# Sustituir rele LNH33012-01 por modelo equivalente.



## Legnas (Feb 18, 2019)

Hola, necesito que me indiquen modelo equivalente de rele LNH33012-01 (12V, 10A, 250V) para comprar dos unidades.

Antecedentes:
Tengo una placa vitrocerámica que empezó a fallar los fuegos hasta que ya no funciona ninguno. Se enciende cuando quieren!!
La vitrocerámica es de la marca Fagor y el técnico nos dijo que no tenía solución, que ya no existe la marca y no encuentra piezas de repuesto. Ya tenemos otra vitrocerámica pero me dio por mirar la placa y comprobé que tenía los reles quemados.
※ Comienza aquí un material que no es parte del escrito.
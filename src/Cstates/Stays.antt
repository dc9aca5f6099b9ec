-- ===== src/Cstates/Stays.antt =====
-- The counters of one C-state against the stays that its array `data` records (idlestat.c).
use native.Mathlib.Numerals.{add-one}
use mathlib.Core.Path.{ap₂}
use idlestat.Base.{
  ℕ, zero, suc, ◌+◌, ◌≡◌, refl, Option, none, some, List, [], ◌∷◌, ◌++◌, set, take, length, ◌<◌,
  ◌≤◌, arith, ap, ◌∙◌, All, All-set, All-get_elem?, length-set, length-append, length-take_le,
}
use idlestat.Base.Int.{ℤ, pos, negsuc, add_ℤ}
use idlestat.Base.Double.{Double}
use idlestat.Summary.{IsSummary, IsSummary-snoc}
use idlestat.Cstates.{
  CpuidleData, CpuidleCstate, CpuidleCstates, Residency, elem_at, set_at, open_stay, add_stay,
  judge_late, judge, judge_next, write_stay,
}

module _ {ℓ} {A : Type ℓ} where
  pub take-append_take :
      (n : ℕ) (xs ys : List A) → n ≤ length xs → take n (take n xs ++ ys) ≡ take n xs
  take-append_take zero xs ys l = refl
  take-append_take (suc n) [] ys l = elim l [ ]
  take-append_take (suc n) (x ∷ xs) ys l = ap (◌∷◌ x) (take-append_take n xs ys (omega arith))

  pub take-set : (n : ℕ) (xs : List A) (v : A) → take n (set xs n v) ≡ take n xs
  take-set zero xs v = refl
  take-set (suc n) [] v = refl
  take-set (suc n) (x ∷ xs) v = ap (◌∷◌ x) (take-set n xs v)

  pub take-suc-set :
      (n : ℕ) (xs : List A) (v : A)
      → n < length xs
      → take (suc n) (set xs n v) ≡ take n xs ++ (v ∷ [])
  take-suc-set n [] v l = elim l [ ]
  take-suc-set zero (x ∷ xs) v l = refl
  take-suc-set (suc n) (x ∷ xs) v l = ap (◌∷◌ x) (take-suc-set n xs v (omega arith))

module _ {D : Type 0} where
  abbrev pub durations : List (CpuidleData D) → List D
  durations [] = []
  durations (x ∷ xs) = x.duration ∷ durations xs

  -- The lengths of the recorded stays, in microseconds.
  abbrev pub recorded : CpuidleCstate D → List D
  recorded c = durations (take c.nrdata c.stays)

  pub durations-append :
      (xs ys : List (CpuidleData D)) → durations (xs ++ ys) ≡ durations xs ++ durations ys
  durations-append [] ys = refl
  durations-append (x ∷ xs) ys = ap (◌∷◌ x.duration) (durations-append xs ys)

module _ {D : Type 0} ⦃d : Double D⦄ where
  -- The counters are the statistics of the recorded stays.
  pub record IsAccount (c : CpuidleCstate D) : Type 0 where
    pub room : c.nrdata ≤ length c.stays
    pub summary : IsSummary c.nrdata c.min_time c.max_time c.avg_time c.duration (recorded c)

  pub open_stay-IsAccount :
      (c : CpuidleCstate D) (time : D) → IsAccount c → IsAccount (open_stay c time)
  unfolding open_stay
  open_stay-IsAccount c time h = record {
    room = omega (
      arith,
      length-append (take c.nrdata c.stays) (_ ∷ []),
      length-take_le c.nrdata c.stays h.room,
    );
    summary = rw (take-append_take c.nrdata c.stays _ h.room) h.summary;
  }

  pub write_stay-IsAccount :
      (c : CpuidleCstate D) (x : CpuidleData D) → IsAccount c → IsAccount (write_stay c x)
  write_stay-IsAccount c x h = record {
    room = omega (arith, h.room, length-set c.stays c.nrdata x);
    summary = rw (take-set c.nrdata c.stays x) h.summary;
  }

  -- The judgement changes only the two counters of wakings.
  pub record SameStays (c e : CpuidleCstate D) : Type 0 where
    nrdata_same : e.nrdata ≡ c.nrdata
    stays_same : e.stays ≡ c.stays
    min_same : e.min_time ≡ c.min_time
    max_same : e.max_time ≡ c.max_time
    avg_same : e.avg_time ≡ c.avg_time
    duration_same : e.duration ≡ c.duration

  pub judge_late-SameStays :
      (c : CpuidleCstate D) (us : D) (tr : ℤ) → SameStays c (judge_late c us tr).0
  unfolding judge_late
  judge_late-SameStays c us tr = ground arith

  pub judge_next-SameStays :
      (s : CpuidleCstates D) (c : CpuidleCstate D) (us : D) (n : ℤ) (o : Option (CpuidleCstate D))
      (r : CpuidleCstate D × Residency)
      → elem_at s.cstate n ≡ o
      → judge_next s c us n ≡ some r
      → SameStays c r.0
  unfolding judge_next
  judge_next-SameStays s c us n none r e h = ground arith
  judge_next-SameStays s c us n (some x) r e h =
      ground (arith, judge_late-SameStays c us x.target_residency)

  pub judge-SameStays :
      (s : CpuidleCstates D) (c : CpuidleCstate D) (us : D) (r : CpuidleCstate D × Residency)
      → judge s c us ≡ some r
      → SameStays c r.0
  unfolding judge
  judge-SameStays s c us r h = ground (
    arith,
    judge_next-SameStays s c us (add_ℤ s.current_cstate (pos 1))
        (elem_at s.cstate (add_ℤ s.current_cstate (pos 1))) r refl,
  )

  pub add_stay-IsAccount :
      (c e : CpuidleCstate D) (x : CpuidleData D)
      → IsAccount c
      → c.nrdata < length c.stays
      → SameStays (write_stay c x) e
      → IsAccount (add_stay e x.duration)
  unfolding add_stay
  add_stay-IsAccount c e x h l j =
      let taken : take (e.nrdata + 1) e.stays ≡ take c.nrdata c.stays ++ (x ∷ []) =
        ap₂ take (add-one e.nrdata ∙ ap suc j.nrdata_same) j.stays_same
        ∙ take-suc-set c.nrdata c.stays x l in
      record {
        room = omega (arith, ap length j.stays_same, j.nrdata_same, length-set c.stays c.nrdata x);
        summary =
            rw
              (
                taken,
                durations-append (take c.nrdata c.stays) (x ∷ []),
                j.nrdata_same,
                j.min_same,
                j.max_same,
                j.avg_same,
                j.duration_same,
              )
              (IsSummary-snoc c.nrdata c.min_time c.max_time c.avg_time c.duration (recorded c)
                x.duration h.summary);
      }

  pub set_at-All :
      (P : CpuidleCstate D → Type 0) (cs : List (CpuidleCstate D)) (i : ℤ) (c : CpuidleCstate D)
      → All P cs
      → P c
      → All P (set_at cs i c)
  set_at-All P cs (pos k) c h p = All-set P cs k c h p
  set_at-All P cs (negsuc n) c h p = h

  pub elem_at-All :
      (P : CpuidleCstate D → Type 0) (cs : List (CpuidleCstate D)) (i : ℤ) (c : CpuidleCstate D)
      → All P cs
      → elem_at cs i ≡ some c
      → P c
  elem_at-All P cs (pos k) c h e = All-get_elem? P cs k h e
  elem_at-All P cs (negsuc n) c h e = absurd (ground arith)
Cambie dos reles RTH34012 WG (12V, 16A; 250 V) y estos dos fuegos que controla funcionan correctamente. El tema es que los otros dos reles que controlan los fuegos mas pequeños no los encuentro para comprarlos y necesito buscar un modelo equivalente. Estos son LNH33012-01 (12V, 10A, 250V) (Adjunto esquema de los reles)

Gracias.


----------



## pandacba (Feb 18, 2019)

Dirigite a cualquier tienda de electrónica lleva la muestra y pedí uno equivalente.
Es un relay muy común, como ves el impreso esta preparado para otros formatos.


----------



## Legnas (Feb 18, 2019)

Muchas gracias por tu respuesta. Así lo hare.


----------



## federico barboza (Ago 13, 2019)

Hola Legnas, resolviste el problema? Estoy en la misma situaciòn que tú. No he sacado aun el rele quemado hasta tanto no consiga el sustituto. Sé que son de 4 pines, pero  tengo la duda de la forma en cómo van, si alineados o si tiene 3 por un lado y 1 al otro, he visto algunas fotos y me surgió la duda. Porque el LNH33012 los tiene así, pero no se si el 01 es igual. Gracias por la ayuda


----------



## DOSMETROS (Ago 14, 2019)

Si lo retiras , usando chupa estaño o cinta de desoldar y te haces un gráfico de la posición en que estaba soldado (por las dudas) , te será mas facil conseguir un reemplazo con él de muestra.


----------



## federico barboza (Ago 14, 2019)

DOSMETROS Gracias por la sugerencia. lo hare de esa manera.


----------



## Legnas (Ago 17, 2019)

Hola Federico. 
Compre los siguientes y funcionan:

SRD-12VDC-SL-C

En la foto que paso pandacba se ven los pin de estos ultimos


----------



## pereg (Mar 8, 2020)

Legnas dijo:


> Hola Federico.
> Compre los siguientes y funcionan:
> 
> SRD-12VDC-SL-C
> ...


hola, el 33012 tenia 4 pines y el songle SRD 12VDC SL C tiene 5 pines... ¿que puedo hacer?¿cómo lo hiciste


----------



## DOSMETROS (Mar 8, 2020)

Subí los datasheets de ambos así te podemos ayudar mejor ! Gracias.


----------